C5a 受体抑制剂 avacopan 正在被研究用于治疗抗中性粒细胞胞浆抗体(ANCA)相关性血管炎。
在这项随机对照试验中,我们将 ANCA 相关性血管炎患者按 1:1 的比例随机分配,接受每日两次 30 毫克口服 avacopan 或口服泼尼松龙逐渐减量。所有患者均接受环磷酰胺(随后接受硫唑嘌呤)或利妥昔单抗治疗。主要终点为缓解,定义为第 26 周时 Birmingham Vasculitis Activity Score(BVAS)为 0(评分范围为 0 至 63,得分越高表示疾病活动度越高),且前 4 周内未使用糖皮质激素。次要终点为持续缓解,定义为第 26 周和第 52 周均缓解。两个终点均进行非劣效性(以 20 个百分点为界)和优效性检验。
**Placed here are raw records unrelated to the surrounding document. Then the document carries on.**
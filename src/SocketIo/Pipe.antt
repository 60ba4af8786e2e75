-- ===== src/SocketIo/Pipe.antt =====
-- A writer and a reader of src/net/socket_io_impl.h at the two ends of a queue of bytes, which
-- take turns in any order.
use taurus.Shared.{
  ℕ, zero, suc, List, [], ◌∷◌, ◌++◌, length, take, drop, min, none, some, codes, Outcome, done,
  ◌>>=◌,
}
use taurus.Shared.Int.{ℤ, pos}
use taurus.RuntimeError.{RuntimeError, fresh}
use taurus.Kernel.{
  Platform, Call, Reply, sys_sendto, sys_recvfrom, malformed, keeps_last, minus_one, eagain,
}
use taurus.SocketAddress.{Impl}
use taurus.SocketIo.{Io, open_on, read_from, write_to}

abbrev pub reply : ℤ → List ℕ → Reply
reply ret bytes = record {
  ret = ret;
  errno = eagain;
  bytes = bytes;
  fields = [];
  name = record { family = pos 0; port = []; address = [] };
}

-- The queue takes at most `most` bytes at a time, and gives at most `most`; without a byte to give it
-- answers 0 and EAGAIN.
abbrev pub queue_call : ℕ → Call → List ℕ → Reply × List ℕ
queue_call most (sys_sendto fd bytes addr) q =
    (reply (pos (min most (length bytes))) [], q ++ take (min most (length bytes)) bytes)
queue_call most (sys_recvfrom fd n) q =
    let m = min most (min n (length q)) in (reply (pos m) (take m q), drop m q)
queue_call most c q = (reply minus_one [], q)

abbrev pub pipe : ℕ → Platform (List ℕ)
pipe most = record {
  syscall = queue_call most;
  pton = λ d t. malformed;
  ntop = λ d a. none;
  strerror = λ n. codes "error";
  uninitialised = [];
  fall_off = keeps_last;
}

-- The two ends and what is under way
pub record Link : Type 0 where
  pub writer : Io
  pub reader : Io
  pub err : RuntimeError
  pub queue : List ℕ

pub data Turn : Type 0 where
  writing reading : Turn

module _ (most : ℕ) (endp : Impl) where
  unfoldable pub take_turn : Turn → Link → Outcome Link
  take_turn writing l = do
    (r, io, e, q) ← write_to (pipe most) (some endp) l.writer l.err l.queue
    done (record { writer = io; reader = l.reader; err = e; queue = q })
  take_turn reading l = do
    (r, io, e, q) ← read_from (pipe most) (some endp) l.reader l.err l.queue
    done (record { writer = l.writer; reader = io; err = e; queue = q })

  unfoldable pub take_turns : List Turn → Link → Outcome Link
  unfolding take_turn
  take_turns [] l = done l
  take_turns (t ∷ ts) l = do l' ← take_turn t l; take_turns ts l'

-- One turn `n` times
abbrev pub times : ℕ → Turn → List Turn
times zero t = []
times (suc n) t = t ∷ times n t

-- A writer over `bytes` and a reader into `buffer`, both at the start, and nothing under way
unfoldable pub connected : List ℕ → List ℕ → Link
unfolding open_on
connected bytes buffer = record {
  writer = open_on (pos 3) bytes (length bytes);
  reader = open_on (pos 4) buffer (length buffer);
  err = fresh;
  queue = [];
}
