-- ===== src/Datagram/Mailbox.antt =====
-- Two datagram sockets of src/net/socket_base.cpp at the ends of a queue of messages.
use taurus.Shared.{
  ℕ, zero, suc, List, [], ◌∷◌, ◌++◌, length, take, drop, min, none, codes, Outcome, done, ◌>>=◌,
}
use taurus.Shared.Int.{ℤ, pos, negsuc}
use taurus.RuntimeError.{RuntimeError}
use taurus.Kernel.{Platform, Call, sys_sendto, sys_recvfrom, malformed, keeps_last, minus_one}
use taurus.SocketAddress.{Impl}
use taurus.SocketIo.Pipe.{reply}
use taurus.Datagram.{Packet, send, receive}
use taurus.Datagram.Transfer.{addressed}

-- sendto queues the bytes as one message; recvfrom takes the oldest message and gives as much of
-- it as there is room for, and answers EAGAIN when there is none.
abbrev pub mail_call : Call → List (List ℕ) → taurus.Kernel.Reply × List (List ℕ)
mail_call (sys_sendto fd bytes addr) q = (reply (pos (length bytes)) [], q ++ bytes ∷ [])
mail_call (sys_recvfrom fd n) [] = (reply minus_one [], [])
mail_call (sys_recvfrom fd n) (m ∷ q) = (reply (pos (min n (length m))) (take n m), q)
mail_call c q = (reply minus_one [], q)

abbrev pub mailbox : Platform (List (List ℕ))
mailbox = record {
  syscall = mail_call;
  pton = λ d t. malformed;
  ntop = λ d a. none;
  strerror = λ n. codes "error";
  uninitialised = [];
  fall_off = keeps_last;
}

-- How many bytes a result stands for
abbrev pub count : ℤ → ℕ
count (pos n) = n
count (negsuc n) = 0

module _ (i : Impl) (fd : ℤ) where
  -- The packets sent one after the other
  unfoldable pub send_all :
      List Packet → RuntimeError → List (List ℕ) → Outcome (RuntimeError × List (List ℕ))
  send_all [] e q = done (e, q)
  send_all (d ∷ ds) e q = do
    (r, e', q') ← send mailbox (addressed mailbox i d) fd e q
    send_all ds e' q'

  -- `n` messages received, each into a packet like `into`, with the bytes that came
  unfoldable pub receive_all :
      ℕ
      → Packet
      → RuntimeError
      → List (List ℕ)
      → Outcome (List (List ℕ) × RuntimeError × List (List ℕ))
  receive_all zero into e q = done ([], e, q)
  receive_all (suc n) into e q = do
    (r, d, e', q') ← receive mailbox (addressed mailbox i into) fd e q
    (rest, e2, q2) ← receive_all n into e' q'
    done (take (count r) (drop into.len d.buf) ∷ rest, e2, q2)
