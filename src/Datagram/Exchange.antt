-- ===== src/Datagram/Exchange.antt =====
-- That datagram sockets of src/net/socket_base.cpp carry messages whole and in order.
use taurus.Shared.{
  ℕ, suc, inl, inr, ℕ-cases, ◌-◌, ◌≤◌, ◌<◌, ◌≡◌, refl, sym, ap, ◌∙◌, List, [], ◌∷◌, ◌++◌,
  append-nil, append_assoc, length, length-take-drop, take, take-all, drop, min, done, arith,
}
use taurus.Shared.Int.{ℤ, pos}
use taurus.RuntimeError.{RuntimeError}
use taurus.SocketAddress.{Impl}
use taurus.SocketIo.{room}
use taurus.Datagram.{Packet, send, receive}
use taurus.Datagram.Transfer.{IsValid, addressed, behind, send_lem, receive_lem}
use taurus.Datagram.Mailbox.{mailbox, send_all, receive_all}

-- What a packet holds
abbrev pub payload : Packet → List ℕ
payload d = take d.len d.buf

abbrev pub payloads : List Packet → List (List ℕ)
payloads [] = []
payloads (d ∷ ds) = payload d ∷ payloads ds

-- The packets are valid and not empty, and their messages are no longer than what `into` holds nor than
-- the room behind that.
abbrev pub Fit : Packet → List Packet → Type 0
Fit into [] = Unit
Fit into (d ∷ ds) =
    IsValid d × (0 < d.len) × (d.len ≤ into.len) × (d.len ≤ into.cap - into.len) × Fit into ds

payload-length : (d : Packet) → IsValid d → length (payload d) ≡ d.len
payload-length d v = length-take-drop d.buf 0 d.len (omega (arith, v.len_le, v.cap_is))

module _ (i : Impl) (fd : ℤ) (into : Packet) (into_valid : IsValid into) where
  sent :
      (d : Packet) (e : RuntimeError) (q : List (List ℕ))
      → IsValid d
      → send mailbox (addressed mailbox i d) fd e q
        ≡ done (pos (length (payload d)), e, q ++ payload d ∷ [])
  sent d e q v = (send_lem mailbox d i fd e q refl v).0 (length (payload d)) refl

  send_all_lem :
      (ds : List Packet) (e : RuntimeError) (q : List (List ℕ))
      → Fit into ds
      → send_all i fd ds e q ≡ done (e, q ++ payloads ds)
  unfolding send_all
  send_all_lem [] e q fit = ap (λ x. done (e, x)) (sym (append-nil q))
  send_all_lem (d ∷ ds) e q (v, some_, held_, room_, fit) = rw (sent d e q v) (
      send_all_lem ds e (q ++ payload d ∷ []) fit
      ∙ ap (λ x. done (e, x)) (append_assoc q (payload d ∷ []) (payloads ds)))

  arrived_suc :
      (d : Packet) (e : RuntimeError) (q : List (List ℕ)) (n : ℕ)
      → IsValid d
      → d.len ≡ suc n
      → d.len ≤ into.len
      → d.len ≤ into.cap - into.len
      → (d' : Packet) × (receive mailbox (addressed mailbox i into) fd e (payload d ∷ q)
          ≡ done (pos (suc n), d', e, q))
        × (take (suc n) (drop into.len d'.buf) ≡ payload d)
  arrived_suc d e q n v is held_ room_ =
      let here : room (behind mailbox fd into) ≡ into.cap - into.len =
        omega (arith, into_valid.len_le, into_valid.cap_lt) in
      let whole : take (room (behind mailbox fd into)) (payload d) ≡ payload d =
        take-all (payload d) (room (behind mailbox fd into)) (omega (arith, payload-length d v)) in
      let size : min (room (behind mailbox fd into)) (length (payload d)) ≡ suc n =
        omega (arith, payload-length d v) in
      let (d', ran, stored, len) =
        (receive_lem mailbox into i fd e (payload d ∷ q) n refl into_valid (ap pos size)
            (ap length whole ∙ payload-length d v ∙ is) (omega arith)).1
          (omega arith) in
      (d', ran, stored ∙ whole)

  arrived :
      (d : Packet) (e : RuntimeError) (q : List (List ℕ))
      → IsValid d
      → 0 < d.len
      → d.len ≤ into.len
      → d.len ≤ into.cap - into.len
      → (d' : Packet) × (receive mailbox (addressed mailbox i into) fd e (payload d ∷ q)
          ≡ done (pos d.len, d', e, q))
        × (take d.len (drop into.len d'.buf) ≡ payload d)
  arrived d e q v some_ held_ room_ = elim (ℕ-cases d.len) [
    | inl none_ ↦ absurd (omega arith)
    | inr (n, is) ↦
        let (d', ran, got) = arrived_suc d e q n v is held_ room_ in
        (
          d',
          ran ∙ ap (λ k. done (pos k, d', e, q)) (sym is),
          ap (λ k. take k (drop into.len d'.buf)) is ∙ got,
        )
  ]

  receive_all_lem :
      (ds : List Packet) (e : RuntimeError)
      → Fit into ds
      → receive_all i fd (length ds) into e (payloads ds) ≡ done (payloads ds, e, [])
  unfolding receive_all
  receive_all_lem [] e fit = refl
  receive_all_lem (d ∷ ds) e (v, some_, held_, room_, fit) =
      let (d', ran, got) = arrived d e (payloads ds) v some_ held_ room_ in
      rw (ran, receive_all_lem ds e fit) (ap (λ x. done (x ∷ payloads ds, e, [])) got)

-- Datagram sockets on a system that queues messages, in a build where a missing return gives the
-- last result: packets that are valid, not empty and no longer than what the receiving packet
-- holds and has room for behind that are all sent, and as many calls of receive() return, in
-- order, exactly the bytes that each packet held; the queue is empty afterwards, and the error
-- object as it was.
pub receive_all-send_all :
    (i : Impl) (fd : ℤ) (into : Packet) (ds : List Packet) (e : RuntimeError)
    → IsValid into
    → Fit into ds
    → (q : List (List ℕ)) × (send_all i fd ds e [] ≡ done (e, q))
      × (receive_all i fd (length ds) into e q ≡ done (payloads ds, e, []))
receive_all-send_all i fd into ds e v fit =
    (payloads ds, send_all_lem i fd into v ds e [] fit, receive_all_lem i fd into v ds e fit)
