-- ===== src/Datagram/Tests.antt =====
-- Datagram packets of src/net/socket_base.cpp on a system that takes and gives two bytes at a time.
use taurus.Shared.{
  ℕ, ◌+◌, ◌-◌, ◌≤◌, ◌<◌, ◌≡◌, refl, List, [], ◌∷◌, take, drop, some, done, abort, arith,
}
use taurus.Shared.Int.{pos}
use taurus.RuntimeError.{fresh}
use taurus.Script.{slow, peer}
use taurus.Datagram.{Packet, receive}
use taurus.Datagram.Mailbox.{send_all, receive_all}
use taurus.Datagram.Exchange.{receive_all-send_all}
use taurus.Datagram.Transfer.{IsValid, receive_lem}

-- `n` bytes in a buffer of five
abbrev holding : ℕ → Packet
holding n = record { buf = 1 ∷ 2 ∷ 3 ∷ 4 ∷ 5 ∷ []; len = n; cap = 5; endp = some (some peer) }

holding-IsValid : (n : ℕ) → n ≤ 5 → IsValid (holding n)
holding-IsValid n h = record { len_le = h; cap_is = refl; cap_lt = omega arith }

-- Two bytes received behind three make the length four, and not five; behind one they are refused.
receive_lem_example :
    (3 < 2 → receive slow (holding 3) (pos 3) fresh tt ≡ abort)
    × (2 ≤ 3
        → (d' : Packet) × (receive slow (holding 3) (pos 3) fresh tt ≡ done (pos 2, d', fresh, tt))
          × (take 2 (drop 3 d'.buf) ≡ 7 ∷ 8 ∷ [])
          × (d'.len ≡ 5 - 3 + 2))
receive_lem_example =
    receive_lem slow (holding 3) peer (pos 3) fresh tt 1 refl (holding-IsValid 3 (omega arith)) refl
      refl (omega arith)

-- Two messages, of two bytes and of one, received into a packet that holds two and has room for three
receive_all-send_all_example :
    (q : List (List ℕ)) × (send_all peer (pos 3) (holding 2 ∷ holding 1 ∷ []) fresh []
      ≡ done (fresh, q))
    × (receive_all peer (pos 3) 2 (holding 2) fresh q
        ≡ done ((1 ∷ 2 ∷ []) ∷ (1 ∷ []) ∷ [], fresh, []))
receive_all-send_all_example =
    receive_all-send_all peer (pos 3) (holding 2) (holding 2 ∷ holding 1 ∷ []) fresh
      (holding-IsValid 2 (omega arith))
      (
        holding-IsValid 2 (omega arith),
        omega arith,
        omega arith,
        omega arith,
        (holding-IsValid 1 (omega arith), omega arith, omega arith, omega arith, tt),
      )
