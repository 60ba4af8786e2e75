-- ===== src/Selector.antt =====
-- `class Selector` of include/mercury/nio/selector.h and src/nio/server_socket_channel.cpp. Its
-- implementation class is declared there and defined nowhere: it is an argument.
use taurus.Shared.{ℕ, Bool, true, not, if◌then◌else◌, Option, none, some}
use taurus.RuntimeError.{RuntimeError}

-- Selector::SelectorImpl, with a new object of it; K is the state of the system.
pub record SelectorImpl (S K : Type 0) : Type 0 where
  pub new_impl : S
  pub open_impl : S → RuntimeError → K → Bool × S × RuntimeError × K
  pub close_impl : S → RuntimeError → K → Bool × S × RuntimeError × K
  pub is_open : S → Bool

pub record Selector (S : Type 0) : Type 0 where
  pub impl : Option S

-- SelectionKey::OpAccept, OpConnect, OpRead, OpWrite
abbrev pub op_accept : ℕ
op_accept = 1

abbrev pub op_connect : ℕ
op_connect = 2

abbrev pub op_read : ℕ
op_read = 4

abbrev pub op_write : ℕ
op_write = 8

module _ {S : Type 0} where
  -- Selector() and ~Selector()
  unfoldable pub new_selector : Selector S
  new_selector = record { impl = none }

  unfoldable pub destroy : Selector S → Selector S
  destroy s = record { impl = none }

  module _ {K : Type 0} (i : SelectorImpl S K) where
    unfoldable pub impl_or_new : Option S → S
    impl_or_new none = i.new_impl
    impl_or_new (some s) = s

    unfoldable pub open_selector :
        Selector S → RuntimeError → K → Bool × Selector S × RuntimeError × K
    unfolding impl_or_new
    open_selector s e k =
        let t = impl_or_new s.impl in
        let (isok, t', e', k') = i.open_impl t e k in
        if not (i.is_open t)
        then (isok, record { impl = some t' }, e', k')
        else (true, record { impl = some t }, e, k)

    unfoldable pub close_selector :
        Selector S → RuntimeError → K → Bool × Selector S × RuntimeError × K
    close_selector s e k = elim s.impl [
      | none ↦ (true, s, e, k)
      | some t ↦
          let (isok, t', e', k') = i.close_impl t e k in (isok, record { impl = some t' }, e', k')
    ]
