-- ===== src/EchoServer.antt =====
-- src/tools/echoserver/echo_server.cpp: its main(), with the destructors of its objects.
pub mod Exits
pub mod Descriptors
mod Tests
use taurus.Shared.{[], if◌then◌else◌, Text, ◌++◌, Outcome, done, ◌>>=◌}
use taurus.Shared.Int.{ℤ, pos}
use taurus.RuntimeError.{RuntimeError, fresh, str, newline}
use taurus.Kernel.{Platform, af_inet, minus_one}
use taurus.Channel
use taurus.Channel.{Channel, new_channel}
use taurus.Selector.{SelectorImpl, new_selector, open_selector, close_selector}

module _ {S K : Type 0} (p : Platform K) (i : SelectorImpl S K) where
  -- What follows once there is a server socket: the exit code, what is written to cerr, and the system
  -- afterwards
  unfoldable pub run : Channel → RuntimeError → K → ℤ × Text × K
  run server e k =
      let (isok, selector, e2, k2) = open_selector i new_selector e k in
      let (gone, selector', e3, k3) = close_selector i selector e2 k2 in
      let (shut, server', e4, k4) = Channel.close p server e3 k3 in
      if isok
      then (pos 0, [], Channel.destroy p server' k4)
      else (minus_one, str e2 ++ newline, Channel.destroy p server k2)

  unfoldable pub main_ : K → Outcome (ℤ × Text × K)
  unfolding run
  main_ k = do
    (isok, server, e, k') ← Channel.create p af_inet new_channel fresh k
    if isok
        then done (run server e k')
        else done (minus_one, str e ++ newline, Channel.destroy p server k')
共有 331 名患者接受随机分组;166 名患者被分配接受 avacopan 治疗,165 名患者被分配接受泼尼松龙治疗。两组患者的基线平均 BVAS 均为 16。第 26 周(主要终点之一)缓解的患者在接受 avacopan 治疗的 166 名患者中为 120 名(72.3%),在接受泼尼松龙治疗的 164 名患者中为 115 名(70.1%)(估计共同差异为 3.4 个百分点;95%置信区间[CI]为-6.0 至 12.8;P<0.001,非劣效性检验;P=0.24,优效性检验)。第 52 周(次要终点之一)持续缓解的患者在接受 avacopan 治疗的 166 名患者中为 109 名(65.7%),在接受泼尼松龙治疗的 164 名患者中为 90 名(54.9%)(估计共同差异为 12.5 个百分点;95%CI 为 2.6 至 22.3;P<0.001,非劣效性检验;P=0.007,优效性检验)。接受 avacopan 治疗的患者中有 37.3%发生严重不良事件(不包括血管炎恶化),接受泼尼松龙治疗的患者中有 39.0%发生严重不良事件。
在这项涉及抗中性粒细胞胞浆抗体相关性血管炎患者的试验中,avacopan 在第 26 周缓解方面不劣于泼尼松龙逐渐减量,但在第 52 周持续缓解方面优于泼尼松龙逐渐减量。所有患者均接受环磷酰胺或利妥昔单抗治疗。该试验未评估 avacopan 在第 52 周后治疗的安全性和临床效果。(由 ChemoCentryx 资助;ADVOCATE 临床试验.gov 编号,NCT02994927。)